True, Apple's hardware also tends to be pretty expensive, but when you can buy
a new iPad for $400 (or MacBook for $900) that'll last several years, an extra
$50-$100 per year for Office 365 is a significant addition. Even on more
expensive hardware, that's likely the most expensive _software_ purchase most
users will ever make... which means that rational or no, some users will shy
away from it... and they'd be stuck without an office suite. In comparison,
iWork used to cost ($80 back in the days of iWork '09, later $5-10 per app for
the rewrites) but has been free for a while now.

Google Docs is free, but as a browser-based interface it's slow and nowhere
near the kind of native experience Apple likes to promote; it requires an
internet connection on anything but Chrome; it will never be a poster child
for the latest macOS features like trackpad-pinch-to-zoom or Versions or the
share sheet or whatever. That's on the desktop; on iOS, Google has a set of
native apps but they're quite feature-limited.

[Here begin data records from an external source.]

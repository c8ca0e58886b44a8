-- ===== src/Clients/Commands.antt =====
-- ClientManager: the messages that go to one connection.
use quick_desk.Base.{
  ℕ, zero, suc, ℤ, pos, negsuc, Bool, true, false, not, ◌&&◌, String, is_empty, if◌then◌else◌, leb,
  ltb,
}
use quick_desk.Clients.State.{
  create_display, remove_display, remove_all_displays, query_displays, Command, mouse_event,
  keyboard_event, clipboard_sync, skill_bridge_send, set_framerate, set_resolution_to,
  set_framerate_boost_to, set_bitrate_to, set_audio_enabled_to, select_display_at, action,
  virtual_display_command, cancel_file_upload_of, cancel_file_download_of, hello_message,
  to_connection, error_occurred, ClientManager, emit, send_message, can_send, connection_id_for,
}

-- qBound.
abbrev pub bound : ℕ → ℤ → ℕ → ℤ
bound low (pos n) high = pos (if ltb n low then low else if ltb high n then high else n)
bound low (negsuc n) high = pos low

-- The guard that the methods below share: the process is ready and the device has a connection.
unfoldable pub send_command : Bool → String → Command → ClientManager → ClientManager
send_command ready device c m =
    if can_send ready m && not (is_empty (connection_id_for device m))
    then send_message (to_connection (connection_id_for device m) c) m
    else m

unfoldable pub send_mouse_event :
    Bool → String → String → ℤ → ℤ → ℤ → ℤ → ℤ → ClientManager → ClientManager
send_mouse_event ready device kind x y button dx dy m =
    send_command ready device (mouse_event kind x y button dx dy) m

abbrev pub send_mouse_move : Bool → String → ℤ → ℤ → ClientManager → ClientManager
send_mouse_move ready device x y m =
    send_mouse_event ready device "move" x y (pos 0) (pos 0) (pos 0) m

abbrev pub send_mouse_press : Bool → String → ℤ → ℤ → ℤ → ClientManager → ClientManager
send_mouse_press ready device x y button m =
    send_mouse_event ready device "press" x y button (pos 0) (pos 0) m

abbrev pub send_mouse_release : Bool → String → ℤ → ℤ → ℤ → ClientManager → ClientManager
send_mouse_release ready device x y button m =
    send_mouse_event ready device "release" x y button (pos 0) (pos 0) m

abbrev pub send_mouse_wheel : Bool → String → ℤ → ℤ → ℤ → ℤ → ClientManager → ClientManager
send_mouse_wheel ready device x y dx dy m =
    send_mouse_event ready device "wheel" x y (pos 0) dx dy m

unfoldable pub send_keyboard_event : Bool → String → String → ℤ → ℤ → ClientManager → ClientManager
send_keyboard_event ready device kind code locks m =
    send_command ready device (keyboard_event kind code locks) m

abbrev pub send_key_press : Bool → String → ℤ → ℤ → ClientManager → ClientManager
send_key_press ready device code locks m = send_keyboard_event ready device "press" code locks m

abbrev pub send_key_release : Bool → String → ℤ → ℤ → ClientManager → ClientManager
send_key_release ready device code locks m = send_keyboard_event ready device "release" code locks m

unfoldable pub send_action : Bool → String → String → ClientManager → ClientManager
send_action ready device name m = send_command ready device (action name) m

abbrev pub release_all_input : Bool → String → ClientManager → ClientManager
release_all_input ready device m = send_action ready device "releaseAllInputAction" m

abbrev pub toggle_privacy_screen : Bool → String → Bool → ClientManager → ClientManager
toggle_privacy_screen ready device enabled m =
    send_action ready device (if enabled then "enablePrivacyScreen" else "disablePrivacyScreen") m

unfoldable pub sync_clipboard : Bool → String → String → ClientManager → ClientManager
sync_clipboard ready device text m = send_command ready device (clipboard_sync text) m

unfoldable pub send_skill_command : Bool → String → String → ClientManager → ClientManager
send_skill_command ready device json m = send_command ready device (skill_bridge_send json) m

unfoldable pub set_target_framerate : Bool → String → ℤ → ClientManager → ClientManager
set_target_framerate ready device framerate m =
    send_command ready device (set_framerate (bound 1 framerate 60)) m

-- 0 < value <= 8192
abbrev pub is_extent : ℤ → Bool
is_extent (pos zero) = false
is_extent (pos (suc n)) = leb (suc n) 8192
is_extent (negsuc n) = false

unfoldable pub set_resolution : Bool → String → ℤ → ℤ → ℤ → ClientManager → ClientManager
set_resolution ready device width height dpi m =
    if is_extent width && is_extent height
    then send_command ready device (set_resolution_to width height dpi) m
    else m

unfoldable pub set_framerate_boost : Bool → String → Bool → ℤ → ℤ → ClientManager → ClientManager
set_framerate_boost ready device enabled interval duration m =
    send_command ready device
      (set_framerate_boost_to enabled (bound 10 interval 1000) (bound 100 duration 1000)) m

abbrev pub is_negative : ℤ → Bool
is_negative (pos n) = false
is_negative (negsuc n) = true

unfoldable pub set_bitrate : Bool → String → ℤ → ClientManager → ClientManager
set_bitrate ready device bps m =
    if is_negative bps then m else send_command ready device (set_bitrate_to bps) m

unfoldable pub set_audio_enabled : Bool → String → Bool → ClientManager → ClientManager
set_audio_enabled ready device enabled m =
    send_command ready device (set_audio_enabled_to enabled) m

unfoldable pub select_display : Bool → String → ℤ → ClientManager → ClientManager
select_display ready device index m = send_command ready device (select_display_at index) m

unfoldable pub create_virtual_display : Bool → String → ℤ → ℤ → ℤ → ClientManager → ClientManager
create_virtual_display ready device width height rate m =
    send_command ready device (virtual_display_command (create_display width height rate)) m

unfoldable pub remove_virtual_display : Bool → String → ℤ → ClientManager → ClientManager
remove_virtual_display ready device index m =
    send_command ready device (virtual_display_command (remove_display index)) m

unfoldable pub remove_all_virtual_displays : Bool → String → ClientManager → ClientManager
remove_all_virtual_displays ready device m =
    send_command ready device (virtual_display_command remove_all_displays) m

unfoldable pub query_virtual_displays : Bool → String → ClientManager → ClientManager
query_virtual_displays ready device m =
    send_command ready device (virtual_display_command query_displays) m

unfoldable pub cancel_file_upload : Bool → String → String → ClientManager → ClientManager
cancel_file_upload ready device transfer m =
    send_command ready device (cancel_file_upload_of transfer) m

unfoldable pub cancel_file_download : Bool → String → String → ClientManager → ClientManager
cancel_file_download ready device transfer m =
    send_command ready device (cancel_file_download_of transfer) m

unfoldable pub send_hello : Bool → String → String → ClientManager → ClientManager
send_hello ready device codec m =
    if can_send ready m
    then send_message (hello_message device codec) m
    else emit (error_occurred "" "NOT_READY" "Client process is not ready") m
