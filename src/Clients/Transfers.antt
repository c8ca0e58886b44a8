-- ===== src/Clients/Transfers.antt =====
-- ClientManager: the list of connections and the file transfers.
use quick_desk.Base.{
  Bool, true, false, not, ◌||◌, String, List, [], ◌∷◌, Option, none, some, is_empty, str_eq,
  if◌then◌else◌, length, drop, string_eq,
}
use quick_desk.Base.Dict.{lookup, insert}
use quick_desk.Transfer.Data.{
  TransferQueue, Files, Command as FileCommand, Signal as FileSignal, Url, start_upload,
  cancel_upload, cancel_download, changed, command_requested, notice,
}
use quick_desk.Transfer.Sessions.{begin_session, end_session, reconcile_session, session_active}
use quick_desk.Transfer.Uploads.{enqueue_upload, register_download}
use quick_desk.Clients.State.{
  RtcStatus, rtc_disconnected, Capabilities, ConnectionInfo, blank_connection, Command,
  start_file_upload_of, cancel_file_upload_of, cancel_file_download_of, start_file_download_to,
  to_connection, connection_count_changed, connection_list_changed, file_transfer_notice,
  ClientManager, emit, send_message, can_send, connection_id_for, find_device_id,
  get_connection_rtc_state, is_rtc_connected, is_rtc_over, file_transfer_ready,
}
use quick_desk.Clients.Notices.{rtc_of}

-- An entry of the message connectionListChanged.
pub record Entry : Type 0 where
  pub connection_id : String
  pub device_id : String
  pub device_name : String
  pub connected_at : String
  pub state : String

abbrev pub rtc_or_disconnected : Option RtcStatus → RtcStatus
rtc_or_disconnected none = rtc_disconnected
rtc_or_disconnected (some st) = st

-- What is kept of the connection that the device had, if it is the same one.
abbrev pub kept_capabilities : String → Option ConnectionInfo → Capabilities
kept_capabilities id none = blank_connection.supports
kept_capabilities id (some old) =
    if str_eq old.connection_id id then old.supports else blank_connection.supports

abbrev pub entry_info : List (String × ConnectionInfo) → Entry → ConnectionInfo
entry_info old e = record blank_connection {
  connection_id = e.connection_id;
  device_id = e.device_id;
  supports = kept_capabilities e.connection_id (lookup e.device_id old);
  device_name = e.device_name;
  connected_at = e.connected_at;
  rtc_state = rtc_or_disconnected (rtc_of e.state);
}

unfoldable pub take_entries :
    List (String × ConnectionInfo) → List Entry → ClientManager → ClientManager
take_entries old [] m = m
take_entries old (e ∷ es) m = take_entries old es (record m {
  connections = insert e.device_id (entry_info old e) m.connections;
  conn_id_to_device_id = insert e.connection_id e.device_id m.conn_id_to_device_id;
})

-- Whether the device still has that connection.
abbrev pub is_kept : Option ConnectionInfo → ConnectionInfo → Bool
is_kept none old = false
is_kept (some k) old = str_eq k.connection_id old.connection_id

unfoldable pub end_old :
    List (String × ConnectionInfo) → List (String × ConnectionInfo) → TransferQueue → TransferQueue
end_old now [] q = q
end_old now ((d, old) ∷ ks) q =
    end_old now ks
      (if is_kept (lookup old.device_id now) old then q else end_session old.connection_id q)

unfoldable pub reconcile_all : List (String × ConnectionInfo) → TransferQueue → TransferQueue
reconcile_all [] q = q
reconcile_all ((d, k) ∷ ks) q = reconcile_all ks (
    reconcile_session k.connection_id k.device_id (is_rtc_connected k.rtc_state)
      (is_rtc_over k.rtc_state) q)

unfoldable pub handle_connection_list_changed : List Entry → ClientManager → ClientManager
handle_connection_list_changed es m =
    let taken =
      take_entries m.connections es (record m { connections = []; conn_id_to_device_id = [] }) in
    emit connection_list_changed (
      emit connection_count_changed (record taken {
        transfers =
            reconcile_all taken.connections
              (end_old taken.connections m.connections taken.transfers);
      }))

abbrev pub command_connection : FileCommand → String
command_connection (start_upload id path) = id
command_connection (cancel_upload id transfer) = id
command_connection (cancel_download id transfer) = id

abbrev pub command_message : FileCommand → Command
command_message (start_upload id path) = start_file_upload_of path
command_message (cancel_upload id transfer) = cancel_file_upload_of transfer
command_message (cancel_download id transfer) = cancel_file_download_of transfer

-- The manager's slot for commandRequested.
unfoldable pub answer_command : Bool → FileCommand → ClientManager → ClientManager
answer_command ready c m =
    let id = command_connection c in
    let device = find_device_id id m in
    if is_empty device
      || not (can_send ready m)
      || not (is_rtc_connected (get_connection_rtc_state device m))
    then record m { transfers = end_session id m.transfers }
    else send_message (to_connection id (command_message c)) m

abbrev pub answer_signal : Bool → FileSignal → ClientManager → ClientManager
answer_signal ready changed m = m
answer_signal ready (command_requested c) m = answer_command ready c m
answer_signal ready (notice device text) m = emit (file_transfer_notice device text) m

unfoldable pub answer_signals : Bool → List FileSignal → ClientManager → ClientManager
answer_signals ready [] m = m
answer_signals ready (g ∷ gs) m = answer_signals ready gs (answer_signal ready g m)

-- A call of the queue, and then the slots for the signals that it has emitted: the queue emits a
-- command last, but for a timer that it sets.
unfoldable pub on_transfers : Bool → (TransferQueue → TransferQueue) → ClientManager → ClientManager
on_transfers ready act m =
    answer_signals ready (drop (length m.transfers.signals) (act m.transfers).signals)
      (record m { transfers = act m.transfers })

abbrev pub not_available : String → ClientManager → ClientManager
not_available device m =
    emit (file_transfer_notice device "File transfer is not available for this connection.") m

abbrev pub must_reconnect : String → ClientManager → ClientManager
must_reconnect device m =
    emit
      (file_transfer_notice device "Disconnect and reconnect to reset this session's file queue.") m

-- beginSession, as both kinds of transfer call it.
abbrev pub with_session : String → ClientManager → ClientManager
with_session device m = record m {
  transfers = begin_session (connection_id_for device m) device m.transfers;
}

unfoldable pub start_file_upload :
    Bool → Files → String → String → Url → ClientManager → ClientManager
start_file_upload ready fs fresh device url m =
    let begun : ClientManager = with_session device m in
    if not (file_transfer_ready ready device m)
    then not_available device m
    else if not (session_active (connection_id_for device m) begun.transfers)
    then must_reconnect device begun
    else on_transfers ready (λ q. (enqueue_upload fs fresh (connection_id_for device m) url q).0)
        begun

unfoldable pub start_file_download : Bool → Files → String → String → ClientManager → ClientManager
start_file_download ready fs save_dir device m =
    let id = connection_id_for device m in
    let begun : ClientManager = with_session device m in
    if not (file_transfer_ready ready device m)
    then not_available device m
    else if is_empty id
    then m
    else if not (session_active id begun.transfers)
    then must_reconnect device begun
    else send_message (to_connection id (start_file_download_to save_dir))
        (record begun { transfers = register_download fs id save_dir begun.transfers })

-- pasteFilesFromClipboard, past the check for URLs; each upload comes with its fresh identifier.
unfoldable pub paste_files :
    Bool → Files → String → List (String × Url) → ClientManager → ClientManager × Bool
paste_files ready fs device [] m = (m, false)
paste_files ready fs device ((fresh, url) ∷ urls) m =
    if url.is_local_file
    then (
      (paste_files ready fs device urls (start_file_upload ready fs fresh device url m)).0,
      true,
    )
    else paste_files ready fs device urls m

Also, both Word and Google Docs are owned by companies that directly compete
with Apple, and the apps promote the respective company's ecosystem (e.g. for
storage, they push you to OneDrive and Google Drive respectively rather than
iCloud). For better or worse, Apple wants to control the whole experience and
make it all seamless. Not to mention that Apple probably wants to avoid
situations where in the future it could be held hostage to some extent by the
owner of a 'must-have' app for its platform.

There are less popular alternatives, but they all have their own problems.

Personally, I neither need to open people's Word documents nor have
particularly strenuous requirements for a word processor or spreadsheet (or
presentation software, but I'm pretty sure Keynote has some fairly decent
pluses compared to PowerPoint anyway). So I am quite satisfied by iWork.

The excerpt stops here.